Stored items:
module _ {V : Type 0} (parking : Parking V) (was_on : Bool) where
  run_pass-Invs :
      (p : Pass V) (s : Suspension V) → IsCalm p → Inv was_on s → Invs was_on (run_pass parking p s)
  unfolding run_pass
  run_pass-Invs p s c i =
      let m = p.before s.machine in
      let (n, e, l) =
        IsLocked-stays parking.prep_control p.arrivals m (c.quiet s.machine)
          (same-IsLocked (c.same s.machine) i.safe.locked) in
      let found = record s { machine = m; position = p.position; door_pin = p.door_pin } in
      subst (λ (r : Option Machine). Invs was_on (after_pass parking found r)) (sym e)
        (record {
          safe = record {
            locked = l;
            off = i.safe.off;
            flood = λ off.
                IsDry-stays parking.prep_control p.arrivals m n (c.quiet s.machine)
                  (same-IsLocked (c.same s.machine) i.safe.locked) e
                  (c.dry s.machine (i.safe.flood off));
            ajar = c.ajar;
          };
          calm = i.calm;
        })

  take_pass-Invs :
      (ps : List (Pass V)) (s : Suspension V)
      → AllCalm ps
      → IsSafe was_on s
      → Invs was_on (take_pass parking s ps)
  take_pass-Invs [] s c i = i
  take_pass-Invs (p ∷ ps) s (c, cs) i =
      run_pass-Invs p (record s { passes = ps }) c
        (record {
          safe = record { locked = i.locked; off = i.off; flood = i.flood; ajar = i.ajar };
          calm = cs;
        })

  next_pass-Invs : (s : Suspension V) → Inv was_on s → Invs was_on (next_pass parking s)
  unfolding next_pass
  next_pass-Invs s i = take_pass-Invs s.passes s i.calm i.safe

  motion_passes-Invs :
      (ps : List (Pass V)) (s : Suspension V)
      → AllCalm ps
      → IsSafe was_on s
      → Invs was_on (motion_passes parking ps s)
  unfolding motion_passes
  motion_passes-Invs [] s c i = i
  motion_passes-Invs (p ∷ ps) s (c, cs) i =
      bind-Invs was_on (run_pass parking p (record s { passes = ps })) _
        (run_pass-Invs p (record s { passes = ps }) c
          (record {
            safe = record { locked = i.locked; off = i.off; flood = i.flood; ajar = i.ajar };
            calm = cs;
          }))
        (λ a h. if_ind (Invs was_on) a.machine.abort h (
          if_ind (Invs was_on) a.machine.step_control.execute_sys_motion
            (motion_passes-Invs ps a cs h.safe) h))

  -- What does not change the state and the suspend byte is as safe as before.
  IsSafe-same :
      (s t : Suspension V)
      → SameState s.machine t.machine
      → (IsDry s.machine → IsDry t.machine)
      → AllOff t.events
      → t.door_pin ≡ s.door_pin
      → IsSafe was_on s
      → IsSafe was_on t
  IsSafe-same s t same dry off pin i = record {
    locked = same-IsLocked same i.locked;
    off = off;
    flood = λ was_off. dry (i.flood was_off);
    ajar = pin ∙ i.ajar;
  }

  mc_parking_motion-Invs :
      (target : Vec V) (s : Suspension V)
      → Inv was_on s
      → Invs was_on (mc_parking_motion parking target s)
  unfolding mc_parking_motion
  mc_parking_motion-Invs target s i =
      let asked = emit parking (mc_parking_motion_event target s.plan) s in
      let off : AllOff asked.events =
        append-AllOff s.events (mc_parking_motion_event target s.plan) i.safe.off tt in
      let moving = with_machine parking (start_motion parking) asked in
      let still = with_step_control parking (λ c. record c { execute_sys_motion = false }) asked in
      if_ind (Invs was_on) s.machine.abort i (
        if_ind (Invs was_on) (parking.planned target s.plan)
          (motion_passes-Invs s.passes moving i.calm (
            IsSafe-same s moving (record { state = refl; suspend = refl })
              (λ d. record { dry = d.dry }) off refl i.safe))
          (next_pass-Invs still (record {
            safe =
                IsSafe-same s still (record { state = refl; suspend = refl })
                  (λ d. record { dry = d.dry }) off refl i.safe;
            calm = i.calm;
          })))

  de_energize-Inv : (s : Suspension V) → Inv was_on s → Inv was_on (de_energize parking s)
  de_energize-Inv s i =
      let stopped = call parking (spindle_set_state 0 parking.nought) s in
      record {
        safe =
            IsSafe-same s (de_energize parking s) (coolant_set_state-same false s.machine)
              (coolant_set_state-IsDry s.machine)
              (call-AllOff s.machine.abort stopped.events (coolant_set_state_event false)
                (call-AllOff s.machine.abort s.events (spindle_set_state 0 parking.nought)
                  i.safe.off refl)
                refl)
              refl i.safe;
        calm = i.calm;
      }

  start_retract-Inv : (s : Suspension V) → Inv was_on s → Inv was_on (start_retract parking s)
  unfolding start_retract
  start_retract-Inv s i = record {
    safe =
        IsSafe-same s (start_retract parking s) (record { state = refl; suspend = refl })
          (λ d. record { dry = d.dry }) i.safe.off refl i.safe;
    calm = i.calm;
  }

  -- Only the target and the planner data of a parking motion change.
  aimed-Inv :
      (s t : Suspension V)
      → t.machine ≡ s.machine
      → t.events ≡ s.events
      → t.door_pin ≡ s.door_pin
      → t.passes ≡ s.passes
      → Inv was_on s
      → Inv was_on t
  aimed-Inv s t em ee ep eps i = record {
    safe = record {
      locked = subst IsLocked (sym em) i.safe.locked;
      off = subst AllOff (sym ee) i.safe.off;
      flood = λ off. subst IsDry (sym em) (i.safe.flood off);
      ajar = ep ∙ i.safe.ajar;
    };
    calm = subst AllCalm (sym eps) i.calm;
  }

  pull_out-Invs : (s : Suspension V) → Inv was_on s → Invs was_on (pull_out parking s)
  unfolding pull_out
  pull_out-Invs s i =
      let up = aim parking s.retract_waypoint parking.pullout_rate s in
      let t = record up { plan = with_accessories parking up.plan } in
      if_ind (Invs was_on) (parking.less s.parking_target.z s.retract_waypoint)
        (mc_parking_motion-Invs up.parking_target t (aimed-Inv s t refl refl refl refl i)) i

  fast_retract-Invs : (s : Suspension V) → Inv was_on s → Invs was_on (fast_retract parking s)
  unfolding fast_retract
  fast_retract-Invs s i =
      let up = aim parking parking.target parking.rate s in
      if_ind (Invs was_on) (parking.less s.parking_target.z parking.target)
        (mc_parking_motion-Invs up.parking_target up (aimed-Inv s up refl refl refl refl i)) i

  stop_and_park-Invs : (s : Suspension V) → Inv was_on s → Invs was_on (stop_and_park parking s)
  unfolding stop_and_park
  stop_and_park-Invs s i =
      if_ind (Invs was_on)
        (parking.homing_enable
          && (parking.less s.parking_target.z parking.target && not parking.laser_mode))
        (bind-Invs was_on (pull_out parking s) _ (pull_out-Invs s i) (λ a h.
          let t = record a { plan = no_accessories parking a.plan } in
          fast_retract-Invs (de_energize parking t)
            (de_energize-Inv t (aimed-Inv a t refl refl refl refl h))))
        (de_energize-Inv s i)

  retracted-Inv : (s : Suspension V) → Inv was_on s → Inv was_on (retracted parking s)
  retracted-Inv s i = record {
    safe = record {
      locked = record {
        parked = record {
          ajar = i.safe.locked.parked.ajar;
          stopped = i.safe.locked.parked.stopped;
        };
        resting = i.safe.locked.resting;
      };
      off = i.safe.off;
      flood = λ off. record { dry = (i.safe.flood off).dry };
      ajar = i.safe.ajar;
    };
    calm = i.calm;
  }

  retract-Invs : (s : Suspension V) → Inv was_on s → Invs was_on (retract parking s)
  unfolding retract
  retract-Invs s i =
      bind-Invs was_on (stop_and_park parking (start_retract parking s)) _
        (stop_and_park-Invs (start_retract parking s) (start_retract-Inv s i)) retracted-Inv

  check_door-Inv : (s : Suspension V) → Inv was_on s → Inv was_on (check_door parking s)
  unfolding check_door
  check_door-Inv s i =
      let open_door : s.door_pin ≡ true = i.safe.ajar in
      if_cases (Inv was_on) (is_safety_door s.machine.state && not s.door_pin)
        (λ e. absurd (ground arith)) (λ _. i)

  restore-Invs : (s : Suspension V) → Inv was_on s → Invs was_on (restore parking s)
  unfolding restore
  restore-Invs s i =
      let resting : s.machine.suspend.initiate_restore ≡ false = i.safe.locked.resting in
      if_cases (Invs was_on) s.machine.suspend.initiate_restore (λ e. absurd (ground arith))
        (λ _. i)

  sleep_passes-Invs :
      (ps : List (Pass V)) (s : Suspension V)
      → AllCalm ps
      → IsSafe was_on s
      → Invs was_on (sleep_passes parking ps s)
  unfolding sleep_passes
  sleep_passes-Invs [] s c i = if_ind (Invs was_on) s.machine.abort i i
  sleep_passes-Invs (p ∷ ps) s (c, cs) i = if_ind (Invs was_on) s.machine.abort i (
      bind-Invs was_on (run_pass parking p (record s { passes = ps })) _
        (run_pass-Invs p (record s { passes = ps }) c
          (record {
            safe = record { locked = i.locked; off = i.off; flood = i.flood; ajar = i.ajar };
            calm = cs;
          }))
        (λ a h. sleep_passes-Invs ps a cs h.safe))

  fall_asleep-Invs : (s : Suspension V) → Inv was_on s → Invs was_on (fall_asleep parking s)
  unfolding fall_asleep
  fall_asleep-Invs s i =
      let told = with_machine parking (log (report_feedback_message sleep_mode)) s in
      let stopped = de_energize parking told in
      let idle = with_machine parking (log st_go_idle) stopped in
      let told-Inv : Inv was_on told = record {
        safe =
            IsSafe-same s told (record { state = refl; suspend = refl })
              (λ d. record { dry = d.dry }) i.safe.off refl i.safe;
        calm = i.calm;
      } in
      let h = de_energize-Inv told told-Inv in
      sleep_passes-Invs s.passes idle i.calm (
        IsSafe-same stopped idle (record { state = refl; suspend = refl })
          (λ d. record { dry = d.dry }) h.safe.off refl h.safe)

  manage-Invs : (s : Suspension V) → Inv was_on s → Invs was_on (manage parking s)
  unfolding manage resume_or_sleep
  manage-Invs s i =
      let stopped = i.safe.locked.parked.stopped in
      if_ind (Invs was_on) (not s.machine.suspend.hold_complete) i (
        if_cases (Invs was_on) (is_safety_door s.machine.state || is_sleep s.machine.state)
          (λ _. if_ind (Invs was_on) (not s.machine.suspend.retract_complete) (retract-Invs s i) (
            if_ind (Invs was_on) (is_sleep s.machine.state) (fall_asleep-Invs s i)
              (restore-Invs (check_door parking s) (check_door-Inv s i))))
          (λ moving. absurd (ground arith)))

  sleep_check-same : (m : Machine) → SameState m (sleep_check parking m)
  unfolding sleep_check sleep_execute system_set_exec_state_flag
  sleep_check-same m =
      let same : SameState m m = record { state = refl; suspend = refl } in
      if_ind (SameState m) (not (m.modal_spindle || m.modal_coolant)) same (
        if_ind (SameState m)
          (is_idle m.state
            || ((is_hold m.state && m.suspend.hold_complete)
                || (is_safety_door m.state && m.suspend.retract_complete)))
          (if_ind (SameState m) (parking.times_out m) (record { state = refl; suspend = refl })
            same)
          same)

  sleep_check-IsDry : (m : Machine) → IsDry m → IsDry (sleep_check parking m)
  unfolding sleep_check sleep_execute system_set_exec_state_flag
  sleep_check-IsDry m d = ground arith

  suspend_round-Invs : (s : Suspension V) → Inv was_on s → Invs was_on (suspend_round parking s)
  unfolding suspend_round
  suspend_round-Invs s i = bind-Invs was_on (manage parking s) _ (manage-Invs s i) (λ a h.
      let t = with_machine parking (sleep_check parking) a in
      next_pass-Invs t (record {
        safe =
            IsSafe-same a t (sleep_check-same a.machine) (sleep_check-IsDry a.machine) h.safe.off
              refl h.safe;
        calm = h.calm;
      }))

  bind-StaysSafe :
      (r : Progress V) (next : Suspension V → Progress V)
      → Invs was_on r
      → ((s : Suspension V) → IsSafe was_on s → StaysSafe was_on (next s))
      → StaysSafe was_on (r >>= next)
  bind-StaysSafe (going s) next h step = step s h.safe
  bind-StaysSafe (left s) next h step = h
  bind-StaysSafe (waiting s) next h step = h

  suspend_loop-StaysSafe :
      (rounds : List (List (Pass V))) (s : Suspension V)
      → AllRoundsCalm rounds
      → IsSafe was_on s
      → StaysSafe was_on (suspend_loop parking rounds s)
  unfolding suspend_loop
  suspend_loop-StaysSafe [] s c i = i
  suspend_loop-StaysSafe (ps ∷ later) s (c, cs) i =
      let s' = record s { passes = ps } in
      if_ind (StaysSafe was_on) (not (suspend_is_set parking s.machine.suspend) || s.machine.abort)
        i
        (bind-StaysSafe (suspend_round parking s') _
          (suspend_round-Invs s' (record {
            safe = record { locked = i.locked; off = i.off; flood = i.flood; ajar = i.ajar };
            calm = c;
          }))
          (λ a h. suspend_loop-StaysSafe later a cs h))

Description of the task: Start at the first line of the entries and stop at the line that contains "let (n, e, l)". Repeat every line in that span exactly, and nothing beyond it.

Result:
module _ {V : Type 0} (parking : Parking V) (was_on : Bool) where
  run_pass-Invs :
      (p : Pass V) (s : Suspension V) → IsCalm p → Inv was_on s → Invs was_on (run_pass parking p s)
  unfolding run_pass
  run_pass-Invs p s c i =
      let m = p.before s.machine in
      let (n, e, l) =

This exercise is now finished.